Lo que la película plasma, creo yo que es el sueño frustrado de tantísimos hombres, de tener a una mujer que sea fiel de manera irrestricta, mientras soporta con resignación que ellos sean infieles por el resto de sus vidas. Tullio Hermil es uno de estos típicos machos, pertenece a la clase alta, porque el machismo no tiene clase, y sin recato alguno le pide a su abnegada esposa que entienda, colabore y haga la vista gorda, mientras él desfoga su pasión por la irresistible Teresa Raffo. De palabras para afuera –como hacen algunos- Tullio se muestra condescendiente y sugiere a su esposa que también ella puede hacer su vida como desee. Así, Giuliana comenzará a tratar al joven y brillante escritor Filippo D’Arvorio, y pronto el destino entrará a hacer de las suyas para poner las cosas en su lugar y hacer que muchas palabras deban ser tragadas.

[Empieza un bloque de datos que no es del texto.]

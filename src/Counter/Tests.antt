-- ===== src/Counter/Tests.antt =====
-- A till with one sale.
use arcus_invest_backend.Base.{
  ℕ, ◌≤◌, ◌==◌, ◌≡◌, ◌⊎◌, refl, ℤ, pos, ◌+ℤ◌, ◌≤ℤ◌, Bool, true, false, Option, none, some, List, [],
  ◌∷◌, arith, count, ==_iff,
}
use arcus_invest_backend.Base.Text.{codes}
use arcus_invest_backend.Stock.Ledger.{StockKind, Shelf, stock_on_hand}
use arcus_invest_backend.Stock.Balance.{NonNegative}
use arcus_invest_backend.Counter.Till.{
  CounterMethod, TillStatus, TillSession, CounterSale, Shop, till_totals, till_summary, is_open_by,
}
use arcus_invest_backend.Counter.Sale.{SaleRequest, sold, is_short, admin_create_counter_sale}
use arcus_invest_backend.Counter.Takings.{
  sales_total, takings_complete, OneTillEach, TillRequest, handle_all, one_open_till,
}
use arcus_invest_backend.Counter.Laws.{sold_of, is_sold, sale_atomic, sale_keeps_stock}

abbrev till : TillSession
till = record {
  id = 3;
  status = TillStatus.till_open;
  opened_by_id = some 1;
  opening_float = pos 1000000;
  closed_by_id = none;
  counted_cash = none;
}

abbrev shelf : Shelf
shelf = record {
  products = 7 ∷ [];
  movements =
      record {
        product_id = 7;
        kind = StockKind.receipt;
        quantity = pos 5;
        reason = [];
        unit_cost = pos 0;
        opportunity_id = none;
        expense_id = none;
        counter_sale_id = none;
        occurred_at = 1;
        actor_id = none;
      }
      ∷ [];
}

abbrev shop : Shop
shop = record { sessions = till ∷ []; sales = []; shelf = shelf; users = 1 ∷ [] }

abbrev two_units : SaleRequest
two_units = record {
  till_session_id = none;
  apply_vat = true;
  payment_method = codes "card";
  amount_tendered = pos 0;
  lines =
      record { product_id = some 7; description = []; quantity = pos 2; unit_price = pos 500000 }
      ∷ [];
}

abbrev sale_of_two : CounterSale
sale_of_two = record {
  id = 4;
  till_session_id = 3;
  apply_vat = true;
  payment_method = CounterMethod.card;
  amount_tendered = pos 0;
  sold_by_id = some 1;
  lines = record { product_id = some 7; quantity = pos 2; unit_price = pos 500000 } ∷ [];
}

sale_atomic_example :
    ((is_sold (admin_create_counter_sale 9 4 (some 1) (some two_units) shop).0 ≡ false)
      × ((admin_create_counter_sale 9 4 (some 1) (some two_units) shop).1 ≡ shop))
    ⊎ ((sale : CounterSale) × (g : Shelf) × (admin_create_counter_sale 9 4
            (some 1)
            (some two_units)
            shop
          ≡ (sold sale, record shop { sales = sale ∷ []; shelf = g }))
        × (is_short sale ≡ false)
        × (stock_on_hand 7 g.movements +ℤ sold_of 7 sale.lines ≡ stock_on_hand 7 shelf.movements))
sale_atomic_example = sale_atomic 9 4 (some 1) (some two_units) shop 7

shelf-NonNegative : NonNegative shelf.movements
unfolding stock_on_hand arcus_invest_backend.Base.Int.◌+ℤ◌
shelf-NonNegative p = ground arith

sale_keeps_stock_example :
    pos 0
    ≤ℤ stock_on_hand 7
        (admin_create_counter_sale 9 4 (some 1) (some two_units) shop).1.shelf.movements
sale_keeps_stock_example = sale_keeps_stock 9 4 (some 1) (some two_units) shop shelf-NonNegative 7

takings_complete_example :
    (till_summary till (till_totals 3 (sale_of_two ∷ []))).total_takings
    ≡ sales_total 3 (sale_of_two ∷ [])
takings_complete_example = takings_complete till (sale_of_two ∷ [])

shop-OneTillEach : OneTillEach shop
shop-OneTillEach n = ground arith

one_open_till_example :
    count
      (is_open_by 1)
      (handle_all
        (TillRequest.open_till 5 (some 1) (some (pos 0))
          ∷ TillRequest.close_till (some 3) (some 1) none
          ∷ [])
        shop).sessions
    ≤ 1
one_open_till_example =
    one_open_till
      (TillRequest.open_till 5 (some 1) (some (pos 0))
        ∷ TillRequest.close_till (some 3) (some 1) none
        ∷ [])
      shop shop-OneTillEach 1
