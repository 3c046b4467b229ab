-- ===== src/LandedCost.antt =====
-- The apportionment of landed cost (internal/services/landedcost.go, the bases of
-- internal/models/landed_cost_models.go). `Spread` is the arithmetic on int64, `Receipt` the entry
-- by basis, `Reference` the same method on plain numbers, and the rest are proofs.
pub mod Spread
pub mod Receipt
mod Tests
pub mod Reference
pub mod Refine
mod Slots
pub mod Shares
pub mod Exact
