-- ===== src/Accounts/ChatLink/Tests.antt =====
-- Runs of a change of chat on the sample store.
use email_summary.Prelude.{◌≡◌, refl, true, none, some, List, [], ◌∷◌}
use email_summary.Prelude.Text.{norm, lower}
use email_summary.Accounts.Samples.{ada, bob, store}
use email_summary.Accounts.Store.{Entry}
use email_summary.Accounts.Lookup.{
  Account, account_from_entry, telegram_from_entry, account_for_email, all_accounts, match_address,
}
use email_summary.Accounts.ChatLink.{
  Answer, done, refused, code_not_seen_from_chat, Update, Desk, begin, begin_for, finish,
  finish_pending, finish_account, finish_unlink,
}

abbrev nothing_pending : Desk
nothing_pending = record { accounts = store; pending = []; proven = [] }

abbrev bob_free : Desk
bob_free = record nothing_pending {
  accounts = record store { manifest = some (ada ∷ record bob { telegram_chat = none } ∷ []) };
}

-- Ada and Bob each asked for a change at 1000, with the code "K1".
abbrev ada_asked : Desk
ada_asked = (begin (some "bot") 1_000 "K1" true "ada@example.org" nothing_pending).1

abbrev bob_asked : Desk
bob_asked = (begin (some "bot") 1_000 "K1" true "bob@example.org" bob_free).1

abbrev inbox : List Update
inbox =
    record { text = "K1"; chat = some "77"; date = 900 }
    ∷ record { text = "my code: K1"; chat = some "77"; date = 1_010 }
    ∷ record { text = "K1"; chat = some "88"; date = 1_020 }
    ∷ []

abbrev ada_account : Account
ada_account = account_from_entry (some "bot") ada

abbrev bob_account : Account
bob_account = account_from_entry (some "bot") (record bob { telegram_chat = none })

abbrev answered : Answer Entry → Entry
answered (done e) = e
answered _ = ada

abbrev ada_result : Answer Entry × Desk
ada_result = finish (some "bot") 1_100 inbox "ada@example.org" ada_asked

abbrev bob_result : Answer Entry × Desk
bob_result = finish (some "bot") 1_100 inbox "bob@example.org" bob_asked

-- The old message alone is not enough.
old_code_refused :
    (finish
      (some "bot")
      1_100
      (record { text = "K1"; chat = some "77"; date = 900 } ∷ [])
      "ada@example.org"
      ada_asked).0
    ≡ refused code_not_seen_from_chat
unfolding finish finish_pending finish_account finish_unlink begin begin_for account_for_email
    all_accounts match_address account_from_entry telegram_from_entry norm lower
old_code_refused = refl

Un precioso y elocuente alegato contra la arrogancia machista, que ninguna mujer debería perderse, y que los hombres deberían apreciar a ver si se bajan de esa nube en la que muchos se encuentran subidos.

Una colorida ambientación en el reconocible ambiente aristocrático de Visconti, una grata presencia de la muy bella Laura Antonelli, y una atinada caracterización de la inolvidable Jennifer O’Neill a quien siempre recordaremos por “Verano del 42”, consolidan un filme de gran solidez argumental y que permite al director italiano congraciarse con la dignidad femenina por la que tan poco aprecio demostró a lo largo de su carrera.

Y en el aire quedan flotando las firmes palabras de Teresa: "¿Por qué los hombres, con una mano nos levantan hasta las estrellas y con la otra nos arrastran abajo?, ¿Por qué no pueden dejarnos caminar por la tierra junto a ustedes, mujer junto a hombre, criatura junto a criatura, nada más y nada menos?"